Ebironkeh (sitting down) has a horrendous story. She was having regular fits, and began to notice that her knickers were pulled down, she was sore, and there was physical evidence that someone had been raping her while she was unconscious, fitting.

She eventually caught the man – someone living in the same house as her – as he was still on top of her. She went to Max of the Epilepsy Association who, along with one of his colleagues, confronted the man. The culprit ‘promised not to do it again’. And the police were never called as it was decided it was a ‘family matter’.

Ebironkeh isn’t sure how many times she’d been raped. She was so ashamed that she moved away from the house to start a new life on the other side of Freetown. Now she runs a store selling manure and cement.


Memuna is blind as well as having leprosy.

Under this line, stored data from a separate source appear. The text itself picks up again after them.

-- ===== src/Framing/Doubling.antt =====
-- The hex doubling of byte streams and its inverse.
use angr_ghidra_core.Prelude.{
  ℕ, ◌+◌, ◌-◌, ◌*◌, ◌/◌, ◌%◌, ◌^◌, ◌<◌, bit_and, bit_or, false, [], ◌∷◌, ltb, length, All, ◌≡◌,
  refl, ◌∙◌, arith, lt→ltb,
}
use angr_ghidra_core.Prelude.Bits.{bit_or_fields, bit_and_mask}
use angr_ghidra_core.Prelude.Result.{ok}
use angr_ghidra_core.Packed.{Bytes, IsByte}
use angr_ghidra_core.Packed.NonZero.{IsPayload}
use angr_ghidra_core.Framing.{doubled, joined, decode_pairs, decode_byte_stream}

high_nibble : (b : ℕ) → b < 256 → bit_and (b / 2 ^ 4) 0xf ≡ b / 16
high_nibble b h = bit_and_mask 4 (b / 2 ^ 4) ∙ omega arith

low_nibble : (b : ℕ) → bit_and b 0xf ≡ b % 16
low_nibble b = bit_and_mask 4 b

-- The letters of the two nibbles join to the byte.
joined-nibbles : (b : ℕ) → b < 256 → joined (b / 16 + 0x41) (b % 16 + 0x41) ≡ ok b
joined-nibbles b h =
    let high : ltb (b / 16 + 0x41) 0x41 ≡ false = ground arith in
    let low : ltb (b % 16 + 0x41) 0x41 ≡ false = ground arith in
    let high_value : b / 16 + 0x41 - 0x41 ≡ b / 16 = omega arith in
    let low_value : b % 16 + 0x41 - 0x41 ≡ b % 16 = omega arith in
    let whole : bit_or (b / 16 * 2 ^ 4) (b % 16) ≡ b =
      bit_or_fields 4 (b / 16) (b % 16) (omega arith) ∙ omega arith in
    rw (high, low, high_value, low_value, whole, lt→ltb b 256 h) refl

decode_pairs-doubled : (raw : Bytes) → All IsByte raw → decode_pairs (doubled raw) ≡ ok raw
unfolding decode_pairs doubled
decode_pairs-doubled [] h = refl
decode_pairs-doubled (b ∷ raw) h =
    rw (high_nibble b h.0, low_nibble b, joined-nibbles b h.0, decode_pairs-doubled raw h.1) refl

length-doubled : (raw : Bytes) → length (doubled raw) % 2 ≡ 0
unfolding doubled
length-doubled [] = refl
length-doubled (b ∷ raw) = omega (arith, length-doubled raw)

-- What `write_byte_stream` writes for bytes, `decode_byte_stream` reads back.
pub decode_byte_stream-doubled :
    (raw : Bytes) → All IsByte raw → decode_byte_stream (doubled raw) ≡ ok raw
unfolding decode_byte_stream
decode_byte_stream-doubled raw h = rw (length-doubled raw) (decode_pairs-doubled raw h)

-- Doubled bytes are letters: none is zero.
pub doubled-IsPayload : (raw : Bytes) → IsPayload (doubled raw)
unfolding doubled
doubled-IsPayload [] = tt
doubled-IsPayload (b ∷ raw) =
    let high = bit_and_mask 4 (b / 2 ^ 4) in
    let low = bit_and_mask 4 b in
    ((omega arith, omega arith), ((omega arith, omega arith), doubled-IsPayload raw))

She is clearly intelligent and speaks excellent English. Her daughter and grandson sit behind her. Here she is at the blind institute where she is learning to read braille.

Memuna still has regular fits – indeed I interviewed her a couple hours after she’d had one. She was still very lethargic and couldn’t speak well, completely opposite to the sharp English tongue she had when I first met her – when I took this photograph. Between her having fits and being blind getting a job to get an income so her, her two daughter and her grandson can live is difficult. She often has to ask friends to give her small amounts of money simply so she could buy her epilepsy medication.


I don’t actually know this man’s name, but here he is hooked up to an EEG machine, which was acquired by Medical Assistance Sierra Leone for usage by Dr Radcliffe Lisk – an expert in epilepsy. It gathers information that can help inform what type of medication a patient needs to be put on, and the severity of the epilepsy.